The sheriff's lawsuit challenged not only Obama's newest proposal, but also 2012's Deferred Action for Childhood Arrivals program.

Maricopa County includes the city of Phoenix.

"Even where Congress has granted authority to the executive branch, these programs are ultra vires, exceeding the bounds of delegated authority," Arpaio's lawsuit claimed . "While defendant Obama hijacks the language of previous immigration regulation and law, defendant Obama fundamentally transforms the definition of key terms to create a radically new and different regime of immigration law and regulation."

But Arpaio could not convince the D.C. Circuit that the policies will encourage more illegal immigrants to cross the border from Mexico into the United States to ostensibly commit more crimes.

"We conclude that Sheriff Arpaio has failed to allege an injury that is both fairly traceable to the deferred action policies and redressable by enjoining them, as our standing precedents require," Circuit Judge Nina Pillard wrote for the three-judge panel. "His allegations that the policies will cause more crime in Maricopa County are unduly speculative.
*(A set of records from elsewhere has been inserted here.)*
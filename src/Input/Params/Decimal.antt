-- ===== src/Input/Params/Decimal.antt =====
-- Decimal numbers as terminals print them, and what `parse_uint` and `split` make of them.
use oxiterm.Common.{
  ℕ, zero, suc, ◌+◌, ◌-◌, ◌*◌, ◌/◌, ◌%◌, ◌^◌, ◌<◌, ◌≤◌, ◌≡◌, ◌≢◌, refl, ◌∙◌, ap, true, false,
  Option, none, some, List, [], ◌∷◌, ◌++◌, length, length-append, arith, All, All-append, ltb,
  dec_lt,
}
use native.Mathlib.Nat.{pow-suc}
use oxiterm.Input.Params.{split, parse_digits, parse_uint}

-- The digits of a number, most significant first; the fuel is at least the number.
decimal_at : ℕ → ℕ → List ℕ
decimal_at zero n = (48 + n % 10) ∷ []
decimal_at (suc fuel) n = elim (ltb n 10) [
  | true ↦ (48 + n % 10) ∷ []
  | false ↦ decimal_at fuel (n / 10) ++ (48 + n % 10) ∷ []
]

unfoldable pub decimal : ℕ → List ℕ
unfolding decimal_at
decimal n = decimal_at n n

abbrev pub IsDigit : ℕ → Type 0
IsDigit c = (48 ≤ c) × (c ≤ 57)

decimal_at-IsDigit : (fuel n : ℕ) → All IsDigit (decimal_at fuel n)
unfolding decimal_at
decimal_at-IsDigit zero n = ((omega arith, omega arith), tt)
decimal_at-IsDigit (suc fuel) n =
    elim (ltb n 10)
      as (λ b. All IsDigit (elim b as (λ _. List ℕ) [
        | true ↦ (48 + n % 10) ∷ []
        | false ↦ decimal_at fuel (n / 10) ++ (48 + n % 10) ∷ []
      ])) [
        | true ↦ ((omega arith, omega arith), tt)
        | false ↦
            All-append IsDigit (decimal_at fuel (n / 10)) ((48 + n % 10) ∷ [])
              (decimal_at-IsDigit fuel (n / 10)) ((omega arith, omega arith), tt)
      ]

pub decimal-IsDigit : (n : ℕ) → All IsDigit (decimal n)
unfolding decimal
decimal-IsDigit n = decimal_at-IsDigit n n

-- The loop over digits goes on from the value so far.
abbrev then_digits : ℕ → Option ℕ → List ℕ → Option ℕ
then_digits max none s = none
then_digits max (some v) s = parse_digits max v s

parse_digits-append :
    (max acc : ℕ) (xs ys : List ℕ)
    → parse_digits max acc (xs ++ ys) ≡ then_digits max (parse_digits max acc xs) ys
unfolding parse_digits
parse_digits-append max acc [] ys = refl
parse_digits-append max acc (c ∷ xs) ys =
    ground (arith, parse_digits-append max (acc * 10 + (c - 48)) xs ys)

decimal_at-small : (fuel n : ℕ) → n < 10 → decimal_at fuel n ≡ (48 + n) ∷ []
unfolding decimal_at
decimal_at-small zero n h = ground arith
decimal_at-small (suc fuel) n h = ground arith

decimal_at-large :
    (fuel n : ℕ) → 10 ≤ n → decimal_at (suc fuel) n ≡ decimal_at fuel (n / 10) ++ (48 + n % 10) ∷ []
unfolding decimal_at
decimal_at-large fuel n h = ground arith

parse_one :
    (max acc n : ℕ)
    → n < 10
    → acc * 10 + n ≤ max
    → parse_digits max acc ((48 + n) ∷ []) ≡ some (acc * 10 + n)
unfolding parse_digits
parse_one max acc n h le = ground arith

parse_digits-decimal :
    (fuel max n : ℕ) → n ≤ fuel → n ≤ max → parse_digits max 0 (decimal_at fuel n) ≡ some n
parse_digits-decimal zero max n h le =
    rw (decimal_at-small zero n (omega arith))
      (parse_one max 0 n (omega arith) (omega arith) ∙ ap some (omega arith))
parse_digits-decimal (suc fuel) max n h le = elim (dec_lt n 10) [
  | yes one ↦
      rw (decimal_at-small (suc fuel) n one)
        (parse_one max 0 n one (omega arith) ∙ ap some (omega arith))
  | no more ↦ rw (decimal_at-large fuel n (omega arith)) (
      parse_digits-append max 0 (decimal_at fuel (n / 10)) ((48 + n % 10) ∷ [])
      ∙ ap (λ r. then_digits max r ((48 + n % 10) ∷ []))
          (parse_digits-decimal fuel max (n / 10) (omega arith) (omega arith))
      ∙ parse_one max (n / 10) (n % 10) (omega arith) (omega arith)
      ∙ ap some (omega arith))
]

-- A text of digits has no sign.
parse_uint-digits :
    (max : ℕ) (s : List ℕ) → All IsDigit s → s ≢ [] → parse_uint max s ≡ parse_digits max 0 s
unfolding parse_uint
parse_uint-digits max [] h ne = absurd (ne refl)
parse_uint-digits max (c ∷ []) h ne = refl
parse_uint-digits max (c ∷ d ∷ s) h ne = ground arith

append-ne_nil : (xs : List ℕ) (y : ℕ) → xs ++ y ∷ [] ≢ []
append-ne_nil [] y = ground arith
append-ne_nil (x ∷ xs) y = ground arith

decimal-ne_nil : (n : ℕ) → decimal n ≢ []
unfolding decimal
decimal-ne_nil zero = rw (decimal_at-small zero zero (omega arith)) (ground arith)
decimal-ne_nil (suc n) = elim (dec_lt (suc n) 10) [
  | yes one ↦ rw (decimal_at-small (suc n) (suc n) one) (ground arith)
  | no more ↦
      rw (decimal_at-large n (suc n) (omega arith))
        (append-ne_nil (decimal_at n (suc n / 10)) (48 + suc n % 10))
]

-- A printed number within the bound parses to itself.
pub parse_uint-decimal : (max n : ℕ) → n ≤ max → parse_uint max (decimal n) ≡ some n
parse_uint-decimal max n le =
    parse_uint-digits max (decimal n) (decimal-IsDigit n) (decimal-ne_nil n)
    ∙ (unfold decimal in parse_digits-decimal n max n (omega arith) le)

-- Splitting at a separator that the first part does not hold.
pub split-last : (s : List ℕ) → All IsDigit s → split b';' s ≡ s ∷ []
unfolding split
split-last [] h = refl
split-last (c ∷ s) h = ground (arith, split-last s h.1)

pub split-append :
    (s rest : List ℕ) → All IsDigit s → split b';' (s ++ b';' ∷ rest) ≡ s ∷ split b';' rest
unfolding split
split-append [] rest h = refl
split-append (c ∷ s) rest h = ground (arith, split-append s rest h.1)

length-decimal_at : (k fuel n : ℕ) → n < 10 ^ suc k → n ≤ fuel → length (decimal_at fuel n) ≤ suc k
length-decimal_at k zero n lt le = rw (decimal_at-small zero n (omega arith)) (omega arith)
length-decimal_at zero (suc fuel) n lt le =
    rw (decimal_at-small (suc fuel) n (omega arith)) (omega arith)
length-decimal_at (suc k) (suc fuel) n lt le = elim (dec_lt n 10) [
  | yes one ↦ rw (decimal_at-small (suc fuel) n one) (omega arith)
  | no more ↦ rw (decimal_at-large fuel n (omega arith)) (
      omega (
        arith,
        length-append (decimal_at fuel (n / 10)) ((48 + n % 10) ∷ []),
        length-decimal_at k fuel (n / 10) (omega (arith, pow-suc 10 (suc k))) (omega arith),
      ))
]

-- A number below 100000 prints with at most five digits.
pub length-decimal : (n : ℕ) → n < 100000 → length (decimal n) ≤ 5
unfolding decimal
length-decimal n lt = length-decimal_at 4 n n lt (omega arith)

-- A printed number, read digit by digit.
pub parse_digits-decimal_lem : (n : ℕ) → parse_digits n 0 (decimal n) ≡ some n
unfolding decimal
parse_digits-decimal_lem n = parse_digits-decimal n n n (omega arith) (omega arith)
Projected increases he anticipates in the county's policing burden and jail population rest on chains of supposition and contradict acknowledged realities."

She said Arpaio's alleged harm was based on a "magnet theory" that Obama's policies will cause more non-citizens to cross the border where they will be less likely to be deported.

"Even if it were plausibly alleged (and it is not) that the challenged policies would mean more undocumented aliens remain in the county, the reduced-removals theory also depends on unsupported speculation that these policies, expressly confined to individuals who do not pose threats to public safety, will increase the number of crimes in Maricopa County above what could reasonably be anticipated in the absence of any such policies," the 37-page opinion continued.

Pillard, an Obama appointee, was joined in the opinion by fellow Obama appointee Sri Srinivasan.

George W. Bush appointee Janice Brown concurred, but wrote a separate opinion to spotlight "the consequences of our modern obsession with a myopic and constrained notion of standing."

Noting that "Sheriff Arpaio's concerns are no doubt sincere," she agreed with her colleagues that the link between Obama's immigration policies and the crimes committed by illegal immigrants "is too attenuated and susceptible to intervening factors."

However, Brown added that the court's narrow interpretation of standing has fostered a "lawyer's game" where sophisticated litigants can produce the type of proof needed to survive dismissal, but less sophisticated plaintiffs may be left in the cold.

"Our approach to standing, I fear, too often stifles constitutional challenges, ultimately elevating the courts' convenience over constitutional efficacy and the needs of our citizenry," Brown concluded.